Collected data entries
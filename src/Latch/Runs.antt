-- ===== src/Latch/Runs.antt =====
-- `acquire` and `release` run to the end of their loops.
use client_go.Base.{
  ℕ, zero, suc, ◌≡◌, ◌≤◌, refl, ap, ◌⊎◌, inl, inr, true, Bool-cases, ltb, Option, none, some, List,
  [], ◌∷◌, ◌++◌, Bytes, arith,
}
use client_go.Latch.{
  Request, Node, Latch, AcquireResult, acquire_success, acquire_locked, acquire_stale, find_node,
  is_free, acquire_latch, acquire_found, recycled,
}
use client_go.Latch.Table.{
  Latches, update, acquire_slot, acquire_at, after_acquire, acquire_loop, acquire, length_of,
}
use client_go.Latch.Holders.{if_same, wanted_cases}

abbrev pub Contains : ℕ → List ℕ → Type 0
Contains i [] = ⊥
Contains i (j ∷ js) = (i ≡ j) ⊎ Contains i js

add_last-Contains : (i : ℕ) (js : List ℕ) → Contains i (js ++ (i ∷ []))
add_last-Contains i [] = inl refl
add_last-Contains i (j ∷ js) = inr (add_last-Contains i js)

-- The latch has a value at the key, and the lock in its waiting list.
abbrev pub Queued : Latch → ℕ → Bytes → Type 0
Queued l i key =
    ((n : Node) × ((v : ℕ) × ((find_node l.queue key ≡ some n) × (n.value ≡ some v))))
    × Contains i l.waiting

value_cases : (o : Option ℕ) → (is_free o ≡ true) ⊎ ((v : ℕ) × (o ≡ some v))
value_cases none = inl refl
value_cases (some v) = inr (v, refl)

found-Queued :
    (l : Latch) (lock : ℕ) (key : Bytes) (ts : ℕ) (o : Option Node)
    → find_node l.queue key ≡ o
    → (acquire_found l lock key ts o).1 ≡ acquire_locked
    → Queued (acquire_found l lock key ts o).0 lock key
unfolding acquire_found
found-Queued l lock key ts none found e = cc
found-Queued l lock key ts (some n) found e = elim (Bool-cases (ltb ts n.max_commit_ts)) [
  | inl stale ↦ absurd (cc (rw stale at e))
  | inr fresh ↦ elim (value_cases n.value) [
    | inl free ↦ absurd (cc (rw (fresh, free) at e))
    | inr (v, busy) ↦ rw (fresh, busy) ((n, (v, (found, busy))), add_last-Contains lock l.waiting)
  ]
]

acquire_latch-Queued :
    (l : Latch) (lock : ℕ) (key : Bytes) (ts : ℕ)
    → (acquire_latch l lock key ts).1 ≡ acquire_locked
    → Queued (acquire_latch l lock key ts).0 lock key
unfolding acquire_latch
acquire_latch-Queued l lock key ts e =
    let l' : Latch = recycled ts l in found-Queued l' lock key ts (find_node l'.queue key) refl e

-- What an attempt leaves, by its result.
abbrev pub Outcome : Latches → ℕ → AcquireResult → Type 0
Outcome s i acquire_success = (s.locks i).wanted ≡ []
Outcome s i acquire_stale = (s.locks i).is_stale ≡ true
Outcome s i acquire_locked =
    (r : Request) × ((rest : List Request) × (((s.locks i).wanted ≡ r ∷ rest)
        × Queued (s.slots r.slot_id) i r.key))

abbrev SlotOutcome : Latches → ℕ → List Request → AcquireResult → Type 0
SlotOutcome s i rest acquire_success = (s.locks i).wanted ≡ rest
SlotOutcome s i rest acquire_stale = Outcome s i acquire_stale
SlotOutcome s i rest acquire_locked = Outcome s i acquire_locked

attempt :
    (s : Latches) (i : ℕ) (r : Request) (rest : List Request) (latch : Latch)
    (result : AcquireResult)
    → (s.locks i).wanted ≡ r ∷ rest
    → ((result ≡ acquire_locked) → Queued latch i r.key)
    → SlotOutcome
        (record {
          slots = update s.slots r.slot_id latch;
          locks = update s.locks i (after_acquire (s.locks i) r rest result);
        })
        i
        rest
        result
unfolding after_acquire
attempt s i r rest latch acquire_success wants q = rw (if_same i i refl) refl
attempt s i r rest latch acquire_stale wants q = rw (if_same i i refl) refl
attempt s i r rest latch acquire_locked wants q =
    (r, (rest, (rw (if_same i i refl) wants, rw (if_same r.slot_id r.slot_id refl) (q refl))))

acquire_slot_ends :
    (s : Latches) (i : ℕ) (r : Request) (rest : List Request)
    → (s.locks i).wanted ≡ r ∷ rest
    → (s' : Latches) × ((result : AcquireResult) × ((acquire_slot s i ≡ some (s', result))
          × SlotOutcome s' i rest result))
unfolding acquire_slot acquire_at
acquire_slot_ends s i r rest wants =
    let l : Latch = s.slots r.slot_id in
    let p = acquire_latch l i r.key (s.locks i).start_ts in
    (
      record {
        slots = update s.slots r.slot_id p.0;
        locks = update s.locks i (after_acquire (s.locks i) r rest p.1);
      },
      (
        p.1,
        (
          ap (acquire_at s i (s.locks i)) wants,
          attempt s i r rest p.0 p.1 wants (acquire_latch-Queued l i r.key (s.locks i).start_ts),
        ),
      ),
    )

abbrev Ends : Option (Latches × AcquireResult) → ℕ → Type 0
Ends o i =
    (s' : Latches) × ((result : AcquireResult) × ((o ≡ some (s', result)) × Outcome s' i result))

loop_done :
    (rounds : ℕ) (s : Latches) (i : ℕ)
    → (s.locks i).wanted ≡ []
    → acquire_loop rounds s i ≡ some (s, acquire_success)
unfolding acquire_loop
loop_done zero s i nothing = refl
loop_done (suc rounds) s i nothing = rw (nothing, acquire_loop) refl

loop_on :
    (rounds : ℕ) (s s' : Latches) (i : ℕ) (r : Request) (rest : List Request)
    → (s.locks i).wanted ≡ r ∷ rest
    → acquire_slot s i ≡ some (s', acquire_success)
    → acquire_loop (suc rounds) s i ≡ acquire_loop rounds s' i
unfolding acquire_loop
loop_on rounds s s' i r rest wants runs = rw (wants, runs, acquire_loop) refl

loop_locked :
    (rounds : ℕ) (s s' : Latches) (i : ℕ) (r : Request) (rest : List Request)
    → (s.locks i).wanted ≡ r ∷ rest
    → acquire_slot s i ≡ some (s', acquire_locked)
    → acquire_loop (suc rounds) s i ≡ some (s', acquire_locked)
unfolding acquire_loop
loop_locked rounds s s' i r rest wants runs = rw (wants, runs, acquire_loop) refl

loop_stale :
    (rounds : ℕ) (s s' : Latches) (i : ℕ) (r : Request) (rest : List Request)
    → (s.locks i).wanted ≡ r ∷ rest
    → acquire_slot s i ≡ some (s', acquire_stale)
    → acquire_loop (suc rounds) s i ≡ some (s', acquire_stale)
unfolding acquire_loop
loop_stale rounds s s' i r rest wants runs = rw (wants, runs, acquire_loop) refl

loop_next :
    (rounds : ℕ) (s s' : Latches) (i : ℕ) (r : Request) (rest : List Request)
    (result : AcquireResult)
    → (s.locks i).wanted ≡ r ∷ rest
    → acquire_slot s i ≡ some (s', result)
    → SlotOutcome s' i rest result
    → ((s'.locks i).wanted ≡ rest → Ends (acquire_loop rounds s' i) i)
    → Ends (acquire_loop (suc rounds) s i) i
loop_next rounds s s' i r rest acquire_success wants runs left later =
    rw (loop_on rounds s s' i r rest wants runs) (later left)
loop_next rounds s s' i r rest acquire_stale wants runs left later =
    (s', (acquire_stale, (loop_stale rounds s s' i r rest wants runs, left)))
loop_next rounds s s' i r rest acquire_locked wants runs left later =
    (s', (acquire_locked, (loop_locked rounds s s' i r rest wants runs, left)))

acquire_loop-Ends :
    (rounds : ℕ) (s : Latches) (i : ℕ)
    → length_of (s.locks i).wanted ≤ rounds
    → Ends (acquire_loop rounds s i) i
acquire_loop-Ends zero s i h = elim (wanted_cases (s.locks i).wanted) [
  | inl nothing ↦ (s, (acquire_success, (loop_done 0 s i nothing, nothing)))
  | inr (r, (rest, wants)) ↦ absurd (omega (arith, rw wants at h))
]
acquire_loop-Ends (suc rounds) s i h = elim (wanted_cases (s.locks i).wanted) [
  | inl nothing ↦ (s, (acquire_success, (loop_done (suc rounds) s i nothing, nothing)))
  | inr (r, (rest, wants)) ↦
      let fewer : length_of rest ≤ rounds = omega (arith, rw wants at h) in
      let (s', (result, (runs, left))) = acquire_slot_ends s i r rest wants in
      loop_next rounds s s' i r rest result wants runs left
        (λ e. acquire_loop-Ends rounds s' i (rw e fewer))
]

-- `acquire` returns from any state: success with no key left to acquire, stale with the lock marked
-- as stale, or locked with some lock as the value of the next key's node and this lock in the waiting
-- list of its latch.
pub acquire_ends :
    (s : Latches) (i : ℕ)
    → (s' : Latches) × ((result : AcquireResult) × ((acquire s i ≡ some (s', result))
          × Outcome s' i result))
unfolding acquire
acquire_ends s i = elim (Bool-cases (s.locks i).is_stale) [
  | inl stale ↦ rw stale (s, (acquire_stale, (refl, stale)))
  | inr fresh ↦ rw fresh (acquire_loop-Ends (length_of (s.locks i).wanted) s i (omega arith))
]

- _The problem_
Could you work out how many lines above contain the string "fewer"? Only the number should be given.

- _Response area_
2